"""

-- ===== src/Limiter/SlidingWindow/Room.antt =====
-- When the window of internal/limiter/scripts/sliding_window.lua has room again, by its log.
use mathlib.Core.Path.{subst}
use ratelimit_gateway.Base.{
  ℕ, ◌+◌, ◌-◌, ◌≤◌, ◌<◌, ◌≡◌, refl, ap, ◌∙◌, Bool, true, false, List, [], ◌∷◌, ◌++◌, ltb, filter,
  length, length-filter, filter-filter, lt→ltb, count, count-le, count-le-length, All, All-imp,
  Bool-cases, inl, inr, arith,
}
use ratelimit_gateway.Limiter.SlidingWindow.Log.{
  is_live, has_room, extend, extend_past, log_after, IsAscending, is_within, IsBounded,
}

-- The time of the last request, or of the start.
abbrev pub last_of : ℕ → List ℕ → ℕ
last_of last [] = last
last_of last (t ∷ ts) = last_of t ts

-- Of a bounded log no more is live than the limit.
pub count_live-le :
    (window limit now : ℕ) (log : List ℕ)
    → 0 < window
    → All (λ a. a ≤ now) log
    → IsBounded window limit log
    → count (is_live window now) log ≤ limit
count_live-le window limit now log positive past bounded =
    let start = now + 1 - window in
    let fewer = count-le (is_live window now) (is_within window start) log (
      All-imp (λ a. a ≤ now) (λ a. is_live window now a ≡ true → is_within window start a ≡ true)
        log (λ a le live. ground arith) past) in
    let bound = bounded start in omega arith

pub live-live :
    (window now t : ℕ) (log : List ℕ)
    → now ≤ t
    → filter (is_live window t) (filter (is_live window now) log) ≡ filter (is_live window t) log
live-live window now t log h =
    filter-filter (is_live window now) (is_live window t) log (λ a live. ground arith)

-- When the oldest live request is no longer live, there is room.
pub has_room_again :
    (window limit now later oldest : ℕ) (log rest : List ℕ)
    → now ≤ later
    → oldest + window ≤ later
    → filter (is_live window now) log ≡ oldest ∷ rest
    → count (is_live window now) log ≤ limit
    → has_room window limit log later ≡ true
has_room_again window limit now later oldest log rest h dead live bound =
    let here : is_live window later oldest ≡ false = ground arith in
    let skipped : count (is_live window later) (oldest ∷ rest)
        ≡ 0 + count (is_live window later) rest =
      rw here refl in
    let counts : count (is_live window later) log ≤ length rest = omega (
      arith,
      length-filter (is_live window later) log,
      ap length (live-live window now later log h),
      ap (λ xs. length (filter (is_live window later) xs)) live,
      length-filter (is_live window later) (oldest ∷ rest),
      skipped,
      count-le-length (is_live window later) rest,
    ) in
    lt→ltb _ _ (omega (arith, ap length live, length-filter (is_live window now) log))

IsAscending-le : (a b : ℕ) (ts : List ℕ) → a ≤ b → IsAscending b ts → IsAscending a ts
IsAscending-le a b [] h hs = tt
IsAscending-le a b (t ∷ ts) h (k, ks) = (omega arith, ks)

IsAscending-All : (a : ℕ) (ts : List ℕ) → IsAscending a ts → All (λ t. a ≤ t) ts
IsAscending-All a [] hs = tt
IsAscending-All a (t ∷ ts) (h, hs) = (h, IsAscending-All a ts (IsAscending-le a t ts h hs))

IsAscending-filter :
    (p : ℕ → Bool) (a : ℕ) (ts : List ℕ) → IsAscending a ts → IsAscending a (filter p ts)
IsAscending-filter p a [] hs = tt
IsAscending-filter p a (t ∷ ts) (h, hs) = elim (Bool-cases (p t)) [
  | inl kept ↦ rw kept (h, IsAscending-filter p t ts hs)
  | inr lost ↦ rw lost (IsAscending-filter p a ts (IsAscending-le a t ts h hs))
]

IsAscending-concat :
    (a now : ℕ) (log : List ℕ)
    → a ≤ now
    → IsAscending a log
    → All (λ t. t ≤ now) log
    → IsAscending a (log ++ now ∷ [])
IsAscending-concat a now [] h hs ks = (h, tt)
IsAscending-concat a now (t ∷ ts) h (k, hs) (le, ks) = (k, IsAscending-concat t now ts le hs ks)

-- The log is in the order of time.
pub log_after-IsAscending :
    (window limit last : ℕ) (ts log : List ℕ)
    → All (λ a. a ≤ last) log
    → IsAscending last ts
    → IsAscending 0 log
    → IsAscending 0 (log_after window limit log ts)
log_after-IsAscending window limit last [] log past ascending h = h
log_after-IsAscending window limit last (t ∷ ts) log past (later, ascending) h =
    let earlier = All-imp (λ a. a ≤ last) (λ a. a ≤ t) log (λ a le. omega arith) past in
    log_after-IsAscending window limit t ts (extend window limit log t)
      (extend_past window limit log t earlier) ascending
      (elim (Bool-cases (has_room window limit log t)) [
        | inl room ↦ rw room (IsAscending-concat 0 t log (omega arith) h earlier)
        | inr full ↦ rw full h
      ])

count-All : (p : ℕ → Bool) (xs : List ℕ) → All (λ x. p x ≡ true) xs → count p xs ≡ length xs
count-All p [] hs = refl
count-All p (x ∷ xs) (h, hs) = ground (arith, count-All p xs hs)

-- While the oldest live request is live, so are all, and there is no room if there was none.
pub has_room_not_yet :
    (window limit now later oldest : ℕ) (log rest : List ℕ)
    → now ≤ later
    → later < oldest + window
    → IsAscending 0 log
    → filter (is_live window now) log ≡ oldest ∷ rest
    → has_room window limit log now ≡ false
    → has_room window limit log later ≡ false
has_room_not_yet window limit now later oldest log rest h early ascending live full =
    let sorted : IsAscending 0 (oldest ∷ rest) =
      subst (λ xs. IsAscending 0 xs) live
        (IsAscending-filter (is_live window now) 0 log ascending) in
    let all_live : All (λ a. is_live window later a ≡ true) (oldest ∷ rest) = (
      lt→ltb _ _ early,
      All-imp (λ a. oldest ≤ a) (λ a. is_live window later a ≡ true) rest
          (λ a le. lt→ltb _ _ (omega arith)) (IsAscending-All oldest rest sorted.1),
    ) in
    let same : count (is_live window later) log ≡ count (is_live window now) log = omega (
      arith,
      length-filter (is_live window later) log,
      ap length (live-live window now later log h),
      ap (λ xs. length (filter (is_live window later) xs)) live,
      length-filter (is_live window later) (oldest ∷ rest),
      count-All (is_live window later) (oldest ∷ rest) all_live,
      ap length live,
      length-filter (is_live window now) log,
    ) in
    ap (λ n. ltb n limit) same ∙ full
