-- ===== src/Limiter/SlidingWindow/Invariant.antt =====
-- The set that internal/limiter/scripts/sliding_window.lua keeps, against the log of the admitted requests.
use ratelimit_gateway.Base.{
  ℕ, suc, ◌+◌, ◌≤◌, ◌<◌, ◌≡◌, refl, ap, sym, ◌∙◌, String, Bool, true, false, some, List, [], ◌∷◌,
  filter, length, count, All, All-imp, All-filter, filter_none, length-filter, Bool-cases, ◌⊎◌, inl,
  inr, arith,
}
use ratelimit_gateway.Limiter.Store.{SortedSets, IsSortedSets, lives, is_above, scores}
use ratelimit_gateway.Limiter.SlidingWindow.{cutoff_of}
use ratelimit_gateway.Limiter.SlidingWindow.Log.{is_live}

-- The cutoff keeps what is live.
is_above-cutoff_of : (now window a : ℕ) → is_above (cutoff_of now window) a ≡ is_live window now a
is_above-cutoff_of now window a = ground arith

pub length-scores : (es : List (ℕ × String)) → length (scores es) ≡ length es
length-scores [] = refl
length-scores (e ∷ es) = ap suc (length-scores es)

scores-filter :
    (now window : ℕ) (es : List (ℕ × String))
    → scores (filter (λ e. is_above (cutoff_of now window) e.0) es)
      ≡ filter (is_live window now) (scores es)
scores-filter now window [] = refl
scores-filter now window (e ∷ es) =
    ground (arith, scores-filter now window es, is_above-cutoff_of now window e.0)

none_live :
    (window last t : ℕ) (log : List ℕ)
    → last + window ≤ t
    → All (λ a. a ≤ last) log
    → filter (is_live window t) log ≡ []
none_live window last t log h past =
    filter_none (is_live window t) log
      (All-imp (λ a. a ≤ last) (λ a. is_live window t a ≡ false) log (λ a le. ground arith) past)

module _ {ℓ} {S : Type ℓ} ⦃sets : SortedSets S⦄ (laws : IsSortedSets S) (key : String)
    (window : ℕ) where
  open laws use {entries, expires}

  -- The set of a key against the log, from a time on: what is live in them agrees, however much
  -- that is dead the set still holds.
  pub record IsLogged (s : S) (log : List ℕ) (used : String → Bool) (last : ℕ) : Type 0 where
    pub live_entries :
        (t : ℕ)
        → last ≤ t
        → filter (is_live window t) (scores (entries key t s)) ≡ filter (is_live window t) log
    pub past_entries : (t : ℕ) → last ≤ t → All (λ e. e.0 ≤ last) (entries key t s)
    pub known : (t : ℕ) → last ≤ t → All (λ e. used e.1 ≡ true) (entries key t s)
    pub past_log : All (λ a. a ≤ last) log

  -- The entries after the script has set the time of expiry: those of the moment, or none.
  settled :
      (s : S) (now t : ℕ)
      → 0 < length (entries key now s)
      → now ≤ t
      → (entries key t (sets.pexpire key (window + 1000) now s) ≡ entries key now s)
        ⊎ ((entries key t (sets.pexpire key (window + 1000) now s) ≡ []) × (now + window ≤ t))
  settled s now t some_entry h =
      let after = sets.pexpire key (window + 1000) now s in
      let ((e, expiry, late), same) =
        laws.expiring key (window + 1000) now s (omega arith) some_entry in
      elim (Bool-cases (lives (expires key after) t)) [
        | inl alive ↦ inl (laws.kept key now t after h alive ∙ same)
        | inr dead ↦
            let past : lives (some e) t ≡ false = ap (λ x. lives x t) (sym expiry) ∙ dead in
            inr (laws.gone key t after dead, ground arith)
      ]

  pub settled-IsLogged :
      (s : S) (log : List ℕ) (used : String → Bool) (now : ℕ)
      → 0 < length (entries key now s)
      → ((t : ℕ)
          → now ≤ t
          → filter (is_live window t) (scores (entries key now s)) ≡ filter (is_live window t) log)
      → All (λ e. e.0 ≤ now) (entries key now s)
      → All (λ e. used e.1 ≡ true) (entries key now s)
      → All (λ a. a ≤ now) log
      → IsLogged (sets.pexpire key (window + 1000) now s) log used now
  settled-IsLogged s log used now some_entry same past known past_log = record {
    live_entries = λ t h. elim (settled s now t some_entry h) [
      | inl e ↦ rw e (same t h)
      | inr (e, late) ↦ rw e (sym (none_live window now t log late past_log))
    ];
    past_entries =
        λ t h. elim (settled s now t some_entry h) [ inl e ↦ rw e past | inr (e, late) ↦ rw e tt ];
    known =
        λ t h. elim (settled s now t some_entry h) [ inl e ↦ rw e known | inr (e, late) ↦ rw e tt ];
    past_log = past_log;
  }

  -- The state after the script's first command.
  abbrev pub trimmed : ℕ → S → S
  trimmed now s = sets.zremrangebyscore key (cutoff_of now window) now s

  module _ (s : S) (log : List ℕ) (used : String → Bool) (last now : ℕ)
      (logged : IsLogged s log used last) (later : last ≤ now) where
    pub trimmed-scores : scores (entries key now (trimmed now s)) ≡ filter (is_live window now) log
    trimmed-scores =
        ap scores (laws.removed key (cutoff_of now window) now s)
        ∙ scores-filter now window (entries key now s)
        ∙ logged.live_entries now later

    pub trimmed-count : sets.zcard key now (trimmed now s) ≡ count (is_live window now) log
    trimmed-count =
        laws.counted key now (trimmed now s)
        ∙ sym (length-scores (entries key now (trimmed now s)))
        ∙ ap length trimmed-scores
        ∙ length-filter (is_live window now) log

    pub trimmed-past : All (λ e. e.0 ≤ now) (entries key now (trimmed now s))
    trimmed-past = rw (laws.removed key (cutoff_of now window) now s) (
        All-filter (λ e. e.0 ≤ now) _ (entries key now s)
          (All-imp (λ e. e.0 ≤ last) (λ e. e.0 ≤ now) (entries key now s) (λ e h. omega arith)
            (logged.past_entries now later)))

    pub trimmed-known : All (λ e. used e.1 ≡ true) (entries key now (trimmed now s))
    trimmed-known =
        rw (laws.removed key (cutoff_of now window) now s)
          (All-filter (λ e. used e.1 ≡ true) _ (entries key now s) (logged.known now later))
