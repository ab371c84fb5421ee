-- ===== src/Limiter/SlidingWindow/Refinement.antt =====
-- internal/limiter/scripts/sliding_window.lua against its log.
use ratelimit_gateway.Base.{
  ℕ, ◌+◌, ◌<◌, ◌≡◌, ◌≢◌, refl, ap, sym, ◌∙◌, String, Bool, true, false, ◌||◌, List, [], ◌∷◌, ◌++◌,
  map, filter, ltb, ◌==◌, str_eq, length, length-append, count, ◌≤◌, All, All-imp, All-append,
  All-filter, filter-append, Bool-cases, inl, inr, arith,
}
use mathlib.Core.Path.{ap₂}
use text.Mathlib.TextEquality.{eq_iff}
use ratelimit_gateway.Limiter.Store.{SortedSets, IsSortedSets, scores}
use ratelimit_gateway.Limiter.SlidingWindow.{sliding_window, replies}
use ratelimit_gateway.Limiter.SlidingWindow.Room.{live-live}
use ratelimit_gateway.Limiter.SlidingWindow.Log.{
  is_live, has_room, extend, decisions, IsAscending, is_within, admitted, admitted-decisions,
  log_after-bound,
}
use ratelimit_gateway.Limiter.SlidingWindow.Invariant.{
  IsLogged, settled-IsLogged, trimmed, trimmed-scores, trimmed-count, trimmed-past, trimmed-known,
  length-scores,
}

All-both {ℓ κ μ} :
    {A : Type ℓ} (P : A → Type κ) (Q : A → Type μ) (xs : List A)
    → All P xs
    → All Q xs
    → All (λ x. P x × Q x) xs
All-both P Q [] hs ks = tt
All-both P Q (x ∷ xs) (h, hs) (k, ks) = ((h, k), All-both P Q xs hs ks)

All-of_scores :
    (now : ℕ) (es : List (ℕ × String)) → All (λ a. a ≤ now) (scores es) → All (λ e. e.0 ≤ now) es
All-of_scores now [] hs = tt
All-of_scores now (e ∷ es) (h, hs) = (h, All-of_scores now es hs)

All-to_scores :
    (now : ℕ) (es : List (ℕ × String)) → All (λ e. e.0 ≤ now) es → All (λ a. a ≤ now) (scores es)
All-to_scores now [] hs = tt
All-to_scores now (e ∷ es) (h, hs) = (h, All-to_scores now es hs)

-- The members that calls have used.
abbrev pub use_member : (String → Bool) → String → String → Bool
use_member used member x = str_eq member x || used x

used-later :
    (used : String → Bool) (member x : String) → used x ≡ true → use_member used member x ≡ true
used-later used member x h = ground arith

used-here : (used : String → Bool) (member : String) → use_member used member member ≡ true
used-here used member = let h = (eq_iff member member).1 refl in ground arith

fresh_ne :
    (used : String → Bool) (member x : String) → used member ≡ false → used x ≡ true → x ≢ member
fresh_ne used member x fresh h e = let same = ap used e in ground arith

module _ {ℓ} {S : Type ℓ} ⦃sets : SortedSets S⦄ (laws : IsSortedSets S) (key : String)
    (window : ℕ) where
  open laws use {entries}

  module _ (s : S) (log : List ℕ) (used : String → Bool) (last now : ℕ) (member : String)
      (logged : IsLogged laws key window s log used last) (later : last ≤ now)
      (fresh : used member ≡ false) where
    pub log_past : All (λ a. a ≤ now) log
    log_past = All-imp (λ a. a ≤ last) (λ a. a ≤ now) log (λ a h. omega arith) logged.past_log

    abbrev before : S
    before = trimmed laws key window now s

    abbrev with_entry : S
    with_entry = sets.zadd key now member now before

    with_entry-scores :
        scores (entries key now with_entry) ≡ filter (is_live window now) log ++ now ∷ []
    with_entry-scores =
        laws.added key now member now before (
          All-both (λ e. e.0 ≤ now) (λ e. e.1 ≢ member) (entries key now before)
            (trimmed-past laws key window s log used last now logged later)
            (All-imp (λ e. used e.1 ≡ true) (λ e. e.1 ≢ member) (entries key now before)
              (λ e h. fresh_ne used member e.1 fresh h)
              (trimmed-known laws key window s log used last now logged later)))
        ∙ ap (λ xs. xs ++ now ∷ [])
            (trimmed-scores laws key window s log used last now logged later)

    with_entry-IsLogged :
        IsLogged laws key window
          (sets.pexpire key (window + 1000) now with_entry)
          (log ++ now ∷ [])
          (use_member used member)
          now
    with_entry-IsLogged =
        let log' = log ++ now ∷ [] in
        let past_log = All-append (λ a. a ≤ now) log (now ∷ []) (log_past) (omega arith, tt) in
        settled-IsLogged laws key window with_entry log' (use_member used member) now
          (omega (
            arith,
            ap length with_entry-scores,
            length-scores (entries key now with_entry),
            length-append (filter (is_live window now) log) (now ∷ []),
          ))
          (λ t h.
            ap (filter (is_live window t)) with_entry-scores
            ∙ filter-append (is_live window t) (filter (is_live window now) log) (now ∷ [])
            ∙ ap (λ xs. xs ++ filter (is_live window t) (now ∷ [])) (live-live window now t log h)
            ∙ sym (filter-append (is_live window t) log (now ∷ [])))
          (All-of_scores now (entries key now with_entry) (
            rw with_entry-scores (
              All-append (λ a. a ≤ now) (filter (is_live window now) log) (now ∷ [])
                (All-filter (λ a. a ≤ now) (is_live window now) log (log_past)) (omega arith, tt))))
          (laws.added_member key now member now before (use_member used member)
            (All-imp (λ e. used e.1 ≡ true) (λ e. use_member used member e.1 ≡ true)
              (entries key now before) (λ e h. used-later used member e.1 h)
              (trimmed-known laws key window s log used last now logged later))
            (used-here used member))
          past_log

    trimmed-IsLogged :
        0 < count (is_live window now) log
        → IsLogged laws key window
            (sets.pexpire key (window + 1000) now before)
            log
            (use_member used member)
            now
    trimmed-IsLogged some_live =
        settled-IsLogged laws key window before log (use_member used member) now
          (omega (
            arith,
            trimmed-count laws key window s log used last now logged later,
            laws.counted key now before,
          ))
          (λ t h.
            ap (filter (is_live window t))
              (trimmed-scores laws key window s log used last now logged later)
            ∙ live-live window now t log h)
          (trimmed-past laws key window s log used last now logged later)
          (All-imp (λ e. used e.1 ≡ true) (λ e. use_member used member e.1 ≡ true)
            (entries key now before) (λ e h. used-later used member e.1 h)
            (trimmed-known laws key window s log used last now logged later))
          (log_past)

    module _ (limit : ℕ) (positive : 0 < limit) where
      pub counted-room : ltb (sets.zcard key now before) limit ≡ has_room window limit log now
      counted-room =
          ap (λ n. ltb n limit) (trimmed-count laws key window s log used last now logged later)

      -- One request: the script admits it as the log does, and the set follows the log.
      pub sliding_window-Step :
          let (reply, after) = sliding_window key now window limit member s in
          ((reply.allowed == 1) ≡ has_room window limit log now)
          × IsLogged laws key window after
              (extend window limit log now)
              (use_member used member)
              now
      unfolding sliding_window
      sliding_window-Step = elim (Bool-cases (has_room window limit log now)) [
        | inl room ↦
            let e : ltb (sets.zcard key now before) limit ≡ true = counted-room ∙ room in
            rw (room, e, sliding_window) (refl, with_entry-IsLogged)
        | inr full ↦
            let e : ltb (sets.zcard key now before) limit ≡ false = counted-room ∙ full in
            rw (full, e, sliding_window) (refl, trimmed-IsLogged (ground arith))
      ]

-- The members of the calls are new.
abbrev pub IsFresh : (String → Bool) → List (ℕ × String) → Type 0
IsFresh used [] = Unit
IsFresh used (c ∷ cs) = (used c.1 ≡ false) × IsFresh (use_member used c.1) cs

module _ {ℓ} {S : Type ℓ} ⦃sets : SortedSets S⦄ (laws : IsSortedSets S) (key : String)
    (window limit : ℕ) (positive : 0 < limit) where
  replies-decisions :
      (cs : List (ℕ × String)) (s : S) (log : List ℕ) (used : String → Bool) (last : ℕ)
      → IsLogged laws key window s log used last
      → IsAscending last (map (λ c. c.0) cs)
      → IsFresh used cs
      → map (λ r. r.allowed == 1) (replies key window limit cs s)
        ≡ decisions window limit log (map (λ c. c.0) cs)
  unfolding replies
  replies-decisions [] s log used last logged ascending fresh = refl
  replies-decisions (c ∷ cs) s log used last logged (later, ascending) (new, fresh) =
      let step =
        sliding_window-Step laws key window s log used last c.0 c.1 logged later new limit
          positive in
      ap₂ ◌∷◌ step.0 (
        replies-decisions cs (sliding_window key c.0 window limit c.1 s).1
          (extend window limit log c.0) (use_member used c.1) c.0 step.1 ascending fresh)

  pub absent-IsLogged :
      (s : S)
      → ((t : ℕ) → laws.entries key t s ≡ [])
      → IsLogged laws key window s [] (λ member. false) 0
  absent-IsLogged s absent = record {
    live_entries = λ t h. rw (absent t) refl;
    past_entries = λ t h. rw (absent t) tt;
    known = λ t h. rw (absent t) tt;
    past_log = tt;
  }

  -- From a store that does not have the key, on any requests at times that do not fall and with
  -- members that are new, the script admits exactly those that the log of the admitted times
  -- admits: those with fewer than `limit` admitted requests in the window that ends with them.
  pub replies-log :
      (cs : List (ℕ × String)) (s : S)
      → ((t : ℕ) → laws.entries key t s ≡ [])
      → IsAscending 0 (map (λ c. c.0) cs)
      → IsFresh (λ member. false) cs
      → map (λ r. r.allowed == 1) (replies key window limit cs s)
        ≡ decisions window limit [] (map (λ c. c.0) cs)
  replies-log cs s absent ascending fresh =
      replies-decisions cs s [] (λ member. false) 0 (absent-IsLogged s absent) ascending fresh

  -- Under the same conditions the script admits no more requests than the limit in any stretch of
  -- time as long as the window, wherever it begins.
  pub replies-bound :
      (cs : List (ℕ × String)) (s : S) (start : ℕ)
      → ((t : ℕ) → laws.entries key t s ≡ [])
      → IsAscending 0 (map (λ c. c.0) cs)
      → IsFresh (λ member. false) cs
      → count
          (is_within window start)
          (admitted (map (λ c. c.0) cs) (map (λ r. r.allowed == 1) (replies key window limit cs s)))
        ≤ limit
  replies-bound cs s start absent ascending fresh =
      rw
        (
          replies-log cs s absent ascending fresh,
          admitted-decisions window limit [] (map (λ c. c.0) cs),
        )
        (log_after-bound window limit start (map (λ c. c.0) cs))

"""

Reproduce the entries exactly, starting at their first line and stopping after the line with "IsBounded window limit log".

-- ===== src/Limiter/SlidingWindow/Room.antt =====
-- When the window of internal/limiter/scripts/sliding_window.lua has room again, by its log.
use mathlib.Core.Path.{subst}
use ratelimit_gateway.Base.{
  ℕ, ◌+◌, ◌-◌, ◌≤◌, ◌<◌, ◌≡◌, refl, ap, ◌∙◌, Bool, true, false, List, [], ◌∷◌, ◌++◌, ltb, filter,
  length, length-filter, filter-filter, lt→ltb, count, count-le, count-le-length, All, All-imp,
  Bool-cases, inl, inr, arith,
}
use ratelimit_gateway.Limiter.SlidingWindow.Log.{
  is_live, has_room, extend, extend_past, log_after, IsAscending, is_within, IsBounded,
}

-- The time of the last request, or of the start.
abbrev pub last_of : ℕ → List ℕ → ℕ
last_of last [] = last
last_of last (t ∷ ts) = last_of t ts

-- Of a bounded log no more is live than the limit.
pub count_live-le :
    (window limit now : ℕ) (log : List ℕ)
    → 0 < window
    → All (λ a. a ≤ now) log
    → IsBounded window limit log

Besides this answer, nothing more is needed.